I need each line of the entries below that includes the string "most".

::: DATA EXCERPTS

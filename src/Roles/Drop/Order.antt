-- ===== src/Roles/Drop/Order.antt =====
-- The drop of a role as a whole: when it is touched at all, in what order, and what a finished run means.
use pgop.Prelude.{
  Bool, true, false, ◌⊎◌, List, [], ◌∷◌, ◌++◌, ◌≡◌, refl, arith, is_empty, Option, none, some,
  Result, ok, err, Bool-cases, inl, inr, if_both,
}
use mathlib.Core.Path.{subst}
use pgop.Text.{Text, text_eq}
use pgop.Grants.Engine.{CallError}
use pgop.Roles.{RoleError, reserved_role_name}
use pgop.Roles.Reassign.{
  revoke_parameters, revoke_database_privileges, revoke_recorded_objects, drop_role, save_status,
  done, tried, Acts, DatabaseConns, DropServer, Swept, Reassigned, swept, blocked, failed, logged,
  after, sweep, reassign_owned_objects,
}
use pgop.Policy.Ownership.{decide_ownership}
use pgop.Roles.{Role, check_role_name}
use pgop.Roles.Takeover.{Cluster, OwnershipReads, role_recorded, load_marker_signer}
use pgop.Roles.Takeover.Safety.{IsRecorded, role_recorded-IsRecorded, IsMarked}
use pgop.Roles.Drop.{
  signer_or_empty, is_mine, after_comment, after_role_name, after_reserved, after_recorded,
  drop_postgres_role, Blocking, Dropped, DropResult, finished, saved, revoke_schema_privileges_in,
  after_drop, run_drop, after_reassign, reassign_and_drop, after_objects, after_databases,
  after_database_privileges, after_parameters, revoke_and_drop, dependents_left, reassign_refused,
  block,
}
use pgop.Roles.Drop.Safety.{
  revocations, IsCleared, IsLawful, IsAt, logged-IsAt, sweep-keeps,
  revoke_schema_privileges_in-IsAt, SweptAt, reassign_owned_objects-SweptAt,
}

module _ (server : DropServer) (name : Text) (target : Option Text) where
  -- A finished run ends with a DROP ROLE that PostgreSQL made.
  abbrev pub Ends : DropResult → Acts → Type 0
  Ends finished log = (before : Acts) × (log ≡ done (drop_role name) ∷ before)
  Ends _ log = Unit

  -- What ran is lawful, and a finished run dropped the role.
  abbrev pub IsGood : Dropped → Type 0
  IsGood d = IsLawful server name target d.log × Ends d.result d.log

  block-IsGood :
      (b : Blocking) (log : Acts) → IsLawful server name target log → IsGood (block server b log)
  block-IsGood b log h =
      let o = server.answer log save_status in
      on o (logged-IsAt server name target [] save_status o log tt (h, tt)).0
    where
      on :
          (o : Option CallError)
          → IsLawful server name target (after server log save_status)
          → IsGood (saved server b (after server log save_status) o)
      on none k = (k, tt)
      on (some e) k = (k, tt)

  run_drop-IsGood :
      (skipped : List Text) (log : Acts)
      → IsCleared server name target target
      → IsAt server name target revocations log
      → IsGood (run_drop server name skipped log)
  unfolding run_drop
  run_drop-IsGood skipped log c (l, d) = on (server.answer log (drop_role name))
    where
      on :
          (o : Option CallError)
          → IsGood (after_drop server skipped (logged (drop_role name) o log) o)
      on none = (((refl, d, c), l), (log, refl))
      on (some e) =
          let k : IsLawful server name target (tried (drop_role name) ∷ log) = ((refl, d, c), l) in
          if_both (λ (d : Dropped). IsGood d) (server.is_dependents e)
            (block-IsGood (dependents_left e skipped) (tried (drop_role name) ∷ log) k) (k, tt)

  reassign_and_drop-IsGood :
      (t : Option Text) (skipped : List Text) (log : Acts)
      → t ≡ target
      → IsAt server name target revocations log
      → IsGood (reassign_and_drop server name t skipped log)
  unfolding reassign_and_drop
  reassign_and_drop-IsGood none skipped log e h =
      run_drop-IsGood skipped log (subst (IsCleared server name target) e tt) h
  reassign_and_drop-IsGood (some t) skipped log e h = elim (Bool-cases (is_empty t)) [
    | inl f ↦ rw f (
        run_drop-IsGood skipped log
          (subst (IsCleared server name target) e (inl (is_empty-nil t f))) h)
    | inr f ↦ rw f (
        on (reassign_owned_objects server name t log)
          (reassign_owned_objects-SweptAt server name target t log e h))
  ]
    where
      is_empty-nil : (u : Text) → is_empty u ≡ true → u ≡ []
      is_empty-nil [] k = refl
      is_empty-nil (c ∷ cs) k = cc

      on :
          (r : Reassigned)
          → SweptAt server name target t r
          → IsGood (after_reassign server name skipped log r)
      on (failed x) k = (h.0, tt)
      on (blocked p) k = block-IsGood (reassign_refused p) log h.0
      on (swept s) (m, k) =
          run_drop-IsGood (skipped ++ s.skipped) s.log
            (subst (IsCleared server name target) e (inr m)) k

  -- From the first revocation on, everything that runs is lawful.
  pub revoke_and_drop-IsGood : IsGood (revoke_and_drop server name target)
  unfolding revoke_and_drop
  revoke_and_drop-IsGood = of_parameters (server.answer [] revoke_parameters)
    where
      of_objects :
          (s : Swept) (r : Result CallError (List Text))
          → IsAt server name target (revoke_database_privileges ∷ revoke_parameters ∷ []) s.log
          → IsGood (after_objects server name target s r)
      of_objects s (err e) (l, d) = ((tt, l), tt)
      of_objects s (ok skipped) (l, (a, (b, _))) =
          reassign_and_drop-IsGood target (s.skipped ++ skipped)
            (done revoke_recorded_objects ∷ s.log) refl ((tt, l), (inl refl, (inr a, (inr b, tt))))

      of_databases :
          (log : Acts) (r : Result CallError (List DatabaseConns))
          → IsAt server name target (revoke_database_privileges ∷ revoke_parameters ∷ []) log
          → IsGood (after_databases server name target log r)
      of_databases log (err e) (l, d) = (l, tt)
      of_databases log (ok dbs) h =
          let acts = revoke_database_privileges ∷ revoke_parameters ∷ [] in
          let s = sweep server (revoke_schema_privileges_in server) dbs [] log in
          of_objects s (server.objects_skipped s.log) (
            sweep-keeps server name target (IsAt server name target acts)
              (revoke_schema_privileges_in server)
              (λ db l k. revoke_schema_privileges_in-IsAt server name target acts db l k) dbs [] log
              h)

      of_database_privileges :
          (log : Acts) (o : Option CallError)
          → IsAt server name target (revoke_parameters ∷ []) log
          → IsGood (
              after_database_privileges server name target
                (logged revoke_database_privileges o log)
                o)
      of_database_privileges log (some e) (l, d) = ((tt, l), tt)
      of_database_privileges log none (l, (d, _)) =
          of_databases (done revoke_database_privileges ∷ log)
            (server.databases_with_privileges (done revoke_database_privileges ∷ log))
            ((tt, l), (inl refl, (inr d, tt)))

      of_parameters :
          (o : Option CallError)
          → IsGood (after_parameters server name target (logged revoke_parameters o []) o)
      of_parameters (some e) = ((tt, tt), tt)
      of_parameters none =
          of_database_privileges (done revoke_parameters ∷ [])
            (server.answer (done revoke_parameters ∷ []) revoke_database_privileges)
            ((tt, tt), (inl refl, tt))

module _ (key_id : Text → Text) (mac : Text → Text → Text) (reads : OwnershipReads)
    (server : DropServer) (role : Role) (cluster : Cluster) (target : Option Text) where
  -- The PostgreSQL role of the status is the Role's: recorded on this Cluster, not reserved, no older
  -- Role has its name, it exists, and its comment is the Role's marker or one that it may replace.
  abbrev pub IsOwnRole : Type 0
  IsOwnRole =
      IsRecorded reads role cluster role.status_role_name
      × (reserved_role_name role.status_role_name ≡ none)
      × (check_role_name reads.roles role role.status_role_name ≡ none)
      × (comment : Text) × (reads.role_comment role.status_role_name ≡ ok (true, comment))
      × IsMarked key_id mac reads role (signer_or_empty (load_marker_signer reads cluster)) comment

  -- Nothing runs, or the role is the Role's own and what runs is lawful.
  abbrev pub IsSafeDrop : Dropped → Type 0
  IsSafeDrop d = (d.log ≡ []) ⊎ (IsOwnRole × IsGood server role.status_role_name target d)

  is_mine-IsMarked :
      (comment : Text)
      → is_mine server key_id mac reads role cluster target comment ≡ true
      → IsMarked key_id mac reads role (signer_or_empty (load_marker_signer reads cluster)) comment
  unfolding decide_ownership
  is_mine-IsMarked comment h = ground (arith, h)

  -- Either nothing runs, or the role in the status is the Role's own: recorded on this Cluster, not
  -- reserved, of no older Role, and marked or to be marked as the Role's. Then what runs is in order:
  -- DROP ROLE is tried only for this role, after the revocations of the parameter grants, of the
  -- database privileges and of the recorded object access returned without an error (those inside
  -- single databases may fail), and owned objects are handed only to the target of the
  -- spec, once it is checked to be another role that exists, is not reserved and no superuser, that
  -- the role is a member of, while the role owns no database; and the result is `finished`, so that
  -- the finalizer is removed, only if the last act is a DROP ROLE that PostgreSQL made.
  pub drop_postgres_role-IsSafeDrop :
      (connected : Option CallError)
      → IsSafeDrop (drop_postgres_role server key_id mac reads role cluster target connected)
  unfolding drop_postgres_role
  drop_postgres_role-IsSafeDrop (some e) = inl refl
  drop_postgres_role-IsSafeDrop none = of_recorded (role_recorded reads role cluster name) refl
    where
      name : Text
      name = role.status_role_name

      of_comment :
          (r : Result CallError (Bool × Text))
          → reads.role_comment name ≡ r
          → IsRecorded reads role cluster name
          → reserved_role_name name ≡ none
          → check_role_name reads.roles role name ≡ none
          → IsSafeDrop (after_comment server key_id mac reads role cluster target name r)
      of_comment (err e) p a b c = inl refl
      of_comment (ok (false, comment)) p a b c = inl refl
      of_comment (ok (true, comment)) p a b c =
          elim (Bool-cases (is_mine server key_id mac reads role cluster target comment)) [
            | inr f ↦ rw f (inl refl)
            | inl f ↦ rw f (
                inr (
                  (a, b, c, comment, p, is_mine-IsMarked comment f),
                  revoke_and_drop-IsGood server name target,
                ))
          ]

      of_name :
          (o : Option RoleError)
          → check_role_name reads.roles role name ≡ o
          → IsRecorded reads role cluster name
          → reserved_role_name name ≡ none
          → IsSafeDrop (after_role_name server key_id mac reads role cluster target name o)
      of_name (some e) p a b = inl refl
      of_name none p a b = of_comment (reads.role_comment name) refl a b p

      of_reserved :
          (o : Option RoleError)
          → reserved_role_name name ≡ o
          → IsRecorded reads role cluster name
          → IsSafeDrop (after_reserved server key_id mac reads role cluster target name o)
      of_reserved (some e) p a = inl refl
      of_reserved none p a = of_name (check_role_name reads.roles role name) refl a p

      of_recorded :
          (r : Result CallError Bool)
          → role_recorded reads role cluster name ≡ r
          → IsSafeDrop (after_recorded server key_id mac reads role cluster target name r)
      of_recorded (err e) p = inl refl
      of_recorded (ok false) p = elim (Bool-cases (is_empty name)) [
        | inl f ↦ rw f (inl refl)
        | inr f ↦ rw f (inl refl)
      ]
      of_recorded (ok true) p = elim (Bool-cases (is_empty name)) [
        | inl f ↦ rw f (inl refl)
        | inr f ↦ rw f (
            of_reserved (reserved_role_name name) refl
              (role_recorded-IsRecorded reads role cluster name p))
      ]
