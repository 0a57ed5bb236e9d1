-- ===== src/Roles/Precedence.antt =====
-- At most one Role of a Cluster manages a PostgreSQL role, the oldest one.
use pgop.Prelude.{
  true, false, List, [], ◌∷◌, ◌==◌, nat_eq, ◌≡◌, ◌≢◌, ◌⊎◌, inl, inr, sym, ap, ◌∙◌, Option, none,
  some, ok, arith, Bool-cases, ==-refl, eq_of_==,
}
use pgop.Text.{Text, text_eq}
use pgop.Text.Sort.Order.{text_lt, text_lt_total}
use pgop.Roles.{
  Role, postgres_name, RoleError, reserved_role_name, created_before, insert_role, sort_roles,
  of_cluster, list_cluster_roles, older_namesake, check_role_name,
}

-- Of two Roles with different names, one was created before the other.
created_before_total :
    (a b : Role) → a.name ≢ b.name → created_before a b ≡ false → created_before b a ≡ true
unfolding created_before
created_before_total a b d h = elim (Bool-cases (text_lt b.name a.name)) [
  | inl later ↦ ground (arith, h, later)
  | inr no_later ↦ elim (Bool-cases (text_lt a.name b.name)) [
    | inl earlier ↦ ground (arith, h, earlier, no_later)
    | inr no_earlier ↦ absurd (d (text_lt_total a.name b.name no_earlier no_later))
  ]
]

abbrev pub Among : Role → List Role → Type 0
Among r [] = ⊥
Among r (x ∷ xs) = (r ≡ x) ⊎ Among r xs

insert_role-Among : (r x : Role) (xs : List Role) → Among r (x ∷ xs) → Among r (insert_role x xs)
unfolding insert_role
insert_role-Among r x [] h = h
insert_role-Among r x (y ∷ ys) h = elim (Bool-cases (created_before y x)) [
  | inl e ↦ rw e (moved (insert_role-Among r x ys) h)
  | inr e ↦ rw e h
]
  where
    moved :
        (Among r (x ∷ ys) → Among r (insert_role x ys))
        → Among r (x ∷ y ∷ ys)
        → Among r (y ∷ insert_role x ys)
    moved f (inl same) = inr (f (inl same))
    moved f (inr (inl same)) = inl same
    moved f (inr (inr later)) = inr (f (inr later))

sort_roles-Among : (r : Role) (rs : List Role) → Among r rs → Among r (sort_roles rs)
unfolding sort_roles
sort_roles-Among r [] h = elim h [ ]
sort_roles-Among r (x ∷ xs) (inl same) = insert_role-Among r x (sort_roles xs) (inl same)
sort_roles-Among r (x ∷ xs) (inr later) =
    insert_role-Among r x (sort_roles xs) (inr (sort_roles-Among r xs later))

of_cluster-Among :
    (r : Role) (cluster : Text) (rs : List Role)
    → Among r rs
    → r.cluster ≡ cluster
    → Among r (of_cluster cluster rs)
unfolding of_cluster
of_cluster-Among r cluster [] h c = elim h [ ]
of_cluster-Among r cluster (x ∷ xs) (inl same) c =
    let here : (x.cluster == cluster) ≡ true =
      ap (λ y. y.cluster == cluster) (sym same) ∙ ap (λ t. t == cluster) c ∙ ==-refl cluster in
    rw here (inl same)
of_cluster-Among r cluster (x ∷ xs) (inr later) c = elim (Bool-cases (x.cluster == cluster)) [
  | inl e ↦ rw e (inr (of_cluster-Among r cluster xs later c))
  | inr e ↦ rw e (of_cluster-Among r cluster xs later c)
]

-- An older Role with the name is found.
older_namesake-found :
    (role other : Role) (name : Text) (rs : List Role)
    → Among other rs
    → (other.uid == role.uid) ≡ false
    → postgres_name other ≡ name
    → created_before other role ≡ true
    → older_namesake role name rs ≢ none
unfolding older_namesake
older_namesake-found role other name [] a u n c h = elim a [ ]
older_namesake-found role other name (x ∷ xs) (inl same) u n c h =
    let uid : (x.uid == role.uid) ≡ false = ap (λ y. y.uid == role.uid) (sym same) ∙ u in
    let named : (postgres_name x == name) ≡ true =
      ap (λ y. postgres_name y == name) (sym same) ∙ ap (λ t. t == name) n ∙ ==-refl name in
    let before : created_before x role ≡ true = ap (λ y. created_before y role) (sym same) ∙ c in
    absurd (ground (arith, uid, named, before, h))
older_namesake-found role other name (x ∷ xs) (inr later) u n c h =
    older_namesake-found role other name xs later u n c (ground (arith, h))

-- A Role that passes has no older namesake among the Roles of its Cluster.
passes_alone :
    (items : List Role) (role other : Role) (name : Text)
    → check_role_name (ok items) role name ≡ none
    → Among other items
    → other.cluster ≡ role.cluster
    → (other.uid == role.uid) ≡ false
    → postgres_name other ≡ name
    → created_before other role ≢ true
unfolding check_role_name list_cluster_roles
passes_alone items role other name p a c u n b = after (reserved_role_name name) p
  where
    after :
        (o : Option RoleError)
        → (elim o [
          | some e ↦ some e
          | none ↦ older_namesake role name (sort_roles (of_cluster role.cluster items))
        ])
          ≡ none
        → ⊥
    after (some e) q = absurd (ground (arith, q))
    after none q =
        older_namesake-found role other name (sort_roles (of_cluster role.cluster items))
          (sort_roles-Among other _ (of_cluster-Among other role.cluster items a c)) u n b q

-- Of two Roles of a Cluster with the same PostgreSQL name, at most one passes the check of its name.
pub check_role_name-one :
    (items : List Role) (a b : Role) (name : Text)
    → Among a items
    → Among b items
    → a.cluster ≡ b.cluster
    → (a.uid == b.uid) ≡ false
    → a.name ≢ b.name
    → postgres_name a ≡ name
    → postgres_name b ≡ name
    → check_role_name (ok items) a name ≡ none
    → check_role_name (ok items) b name ≢ none
check_role_name-one items a b name in_a in_b c u d na nb pa pb =
    elim (Bool-cases (created_before a b)) [
      | inl a_first ↦ passes_alone items b a name pb in_a c u na a_first
      | inr b_first ↦
          passes_alone items a b name pa in_b (sym c)
            (ground (arith, u, eq_of_== b.uid a.uid, ==-refl a.uid)) nb
            (created_before_total a b d b_first)
    ]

::::::

WRITTEN REPLY:
-- At most one Role of a Cluster manages a PostgreSQL role, the oldest one.
-- Of two Roles of a Cluster with the same PostgreSQL name, at most one passes the check of its name.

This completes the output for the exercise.